Ultrasound is something I've blogged about before--I'm excited about an inexpensive pocket-sized version. Something like that may be what replaces the stethoscope in the near future, and American medical students and residents are already being urged to make it part of their armamentarium--though takeup is still not as good as it could be. My father frequently laments the difficulty of getting his residents to look for pleural effusions at the bedside, and very few ER physicians routinely do an ultrasound of the heart to determine if an elderly patient with low blood pressure is suffering from a weak pump or a dry one.

But as helpful as ultrasound will eventually prove in wealthy settings, it could be revolutionary in low-resource clinics. Paul Farmer's NGO Partners in Health studied ultrasound in Rwanda, training local physicians in its use. They found that the scans were accurate and sustainable: the Rwandans' and the American trainers' image interpretations agreed 96% of the time, and the clinic continued to scan avidly after the Americans had left. It was found to be particularly beneficial in planning surgeries and in caring for pregnant women.

Every low-resource clinic should have at least one ultrasound machine. The trouble is that the damn things are expensive--but there are a lot of older-generation models lying around the US, and getting those to where there are none would be a good start. Thomas Jefferson University has an equipment donation program, as does the World Federation for Ultrasound in Medicine and Biology.

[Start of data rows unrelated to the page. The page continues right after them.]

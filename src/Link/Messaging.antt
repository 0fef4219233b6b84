-- ===== src/Link/Messaging.antt =====
-- The messages that `FrameReader.read` gives are those of the whole stream, and `encode` is read back.
use endbot.Prelude.{
  ok_inj, or_raise_returned, raise_if_returned, raise_if, or_raise, invalid, bind_returned, as_dict,
  is_some, get_json, ◌≡◌, refl, sym, ap, ◌∙◌, inl, inr, ℕ, zero, suc, ◌+◌, true, false, Option,
  none, some, List, [], ◌∷◌, ◌++◌, append_assoc, ltb, length, Json, Dict, Result, ok, err,
  link_error, ◌>>=◌, Result-cases,
}
use endbot.Link.Lines.{Bytes, split_line, split_line-newline}
use endbot.Link.{
  FrameReader, max_frame_bytes, as_int, read_line, limited, read_frame, message_of, read, encode,
}
use endbot.Link.Stream.{stream, line_of, line_of-found, read_line-line_of, split_line_read}

-- What stands behind the first newline.
behind : Bytes → Bytes
behind s = elim (split_line s) [ none ↦ [] | some (line, rest) ↦ rest ]

behind-found : (s line rest : Bytes) → split_line s ≡ some (line, rest) → behind s ≡ rest
unfolding behind
behind-found s line rest e = rw (behind, e)

module _ (loads : Bytes → Option Json) where
  -- `_read_loop` goes on behind a message, and ends at an error.
  then_more : Result (Dict Json) → List (Result (Dict Json)) → List (Result (Dict Json))
  then_more (ok m) more = ok m ∷ more
  then_more (err e) more = err e ∷ []

  -- The messages of `_read_loop`, `n` at most.
  pub read_many : ℕ → FrameReader → List (Result (Dict Json))
  unfolding then_more
  read_many zero reader = []
  read_many (suc n) reader = then_more (read loads reader).1 (read_many n (read loads reader).0)

  -- The messages of a whole stream: its lines, each as a message, up to the first error.
  pub parse_stream : ℕ → Bytes → List (Result (Dict Json))
  unfolding then_more
  parse_stream zero s = []
  parse_stream (suc n) s = then_more (line_of s >>= message_of loads) (parse_stream n (behind s))

  read-line_of :
      (reader : FrameReader)
      → (read loads reader).1 ≡ (line_of (stream reader) >>= message_of loads)
  unfolding read read_frame stream
  read-line_of reader = rw (read_line-line_of reader.incoming reader.buffer)

  -- A message that was read was the first line, and the reader keeps what follows it.
  read-split_line :
      (reader : FrameReader) (m : Dict Json)
      → (read loads reader).1 ≡ ok m
      → (line : Bytes) × (split_line (stream reader) ≡ some (line, stream (read loads reader).0))
  unfolding read read_frame stream
  read-split_line reader m h =
      let (bytes, h', _) =
        bind_returned ((read_line reader.incoming reader.buffer).1 >>= limited) _ h in
      let (line, e, _) = bind_returned (read_line reader.incoming reader.buffer).1 limited h' in
      (line, split_line_read reader.incoming reader.buffer line e)

  -- A reader gives, message by message, what its whole stream gives when it is cut at the newlines,
  -- whatever the chunks in which the bytes arrive and up to the first error, which is the same too.
  pub read_many-parse_stream :
      (n : ℕ) (reader : FrameReader) → read_many n reader ≡ parse_stream n (stream reader)
  unfolding read_many parse_stream
  read_many-parse_stream zero reader = refl
  read_many-parse_stream (suc n) reader =
      elim (Result-cases (line_of (stream reader) >>= message_of loads)) [
        | inr (e, h) ↦ rw (read-line_of reader, h)
        | inl (m, h) ↦
            let (line, e) = read-split_line reader m (read-line_of reader ∙ h) in
            rw (read-line_of reader, h)
              (ap (◌∷◌ (ok m)) (
                read_many-parse_stream n (read loads reader).0
                ∙ ap (parse_stream n) (sym (behind-found (stream reader) line _ e))))
      ]

message_of-decoded :
    (loads : Bytes → Option Json) (body : Bytes) (message : Json) (d : Dict Json)
    → loads body ≡ some message
    → as_dict message ≡ some d
    → is_some (as_int (get_json "id" d)) ≡ true
    → message_of loads body ≡ ok d
unfolding message_of
message_of-decoded loads body message d e is_object has_id = rw (e, is_object, has_id)

limited_short :
    (body : Bytes) → ltb max_frame_bytes (length body + 1) ≡ false → limited body ≡ ok body
unfolding limited
limited_short body h = rw h

some_inj : (x y : Bytes × Bytes) → ◌≡◌ {A = Option (Bytes × Bytes)} (some x) (some y) → x ≡ y
some_inj x y e = cc

-- `encode` followed by `read`, whatever else follows in the stream.
pub read-encode :
    (dumps : Json → Option Bytes) (loads : Bytes → Option Json)
    (inverse : (j : Json) (b : Bytes)
      → dumps j ≡ some b
      → (loads b ≡ some j) × (split_line b ≡ none))
    (message : Json) (d : Dict Json) (reader : FrameReader) (frame rest : Bytes)
    → as_dict message ≡ some d
    → is_some (as_int (get_json "id" d)) ≡ true
    → encode dumps message ≡ ok frame
    → stream reader ≡ frame ++ rest
    → ((read loads reader).1 ≡ ok d) × (stream (read loads reader).0 ≡ rest)
unfolding encode
read-encode dumps loads inverse message d reader frame rest is_object has_id e s =
    let (body, b, e') = bind_returned (or_raise (dumps message) invalid) _ e in
    let written = or_raise_returned (dumps message) invalid b in
    let (_, g, e'') =
      bind_returned (raise_if (ltb max_frame_bytes (length body + 1)) (link_error "too_large")) _
        e' in
    let short = raise_if_returned _ _ g in
    let line : split_line (stream reader) ≡ some (body, rest) =
      ap split_line
        (s ∙ ap (λ f. f ++ rest) (sym (ok_inj _ _ e'')) ∙ append_assoc body (10 ∷ []) rest)
      ∙ split_line-newline body rest (inverse message body written).1 in
    let decoded =
      message_of-decoded loads body message d (inverse message body written).0 is_object has_id in
    let first : (read loads reader).1 ≡ ok d =
      read-line_of loads reader
      ∙ ap (λ r. r >>= message_of loads) (line_of-found (stream reader) body rest line)
      ∙ rw (limited_short body short) decoded in
    let (_, again) = read-split_line loads reader d first in
    (first, ap (λ p. p.1) (some_inj _ _ (sym again ∙ line)))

Wednesday, November 11, 2009

Gadgets in the field: Cell-phone microscope

The cell-phone microscope appeared recently in the New York Times. It costs a few dollars, hooks onto a cell phone, and allows to examine blood samples microscopically. A version called the Cellophone and created by Aydogan Ozcan's group at UCLA creates digital holograms of the cells and allows for mathematical analysis of the image. (Ozcan has created a fledgling company called Microskia to develop the idea.) A related invention out of Berkeley is Daniel Fletcher's CellScope.

Wow. Here's a reason to be thankful that cell phones blanket the earth. If cell-phone microscopes can replace the full-sized version even for limited applications like malaria screening, they could be immensely helpful.

When will these devices be ready for marketing and distribution where they're needed most? Who's going to buy them up and send them into action?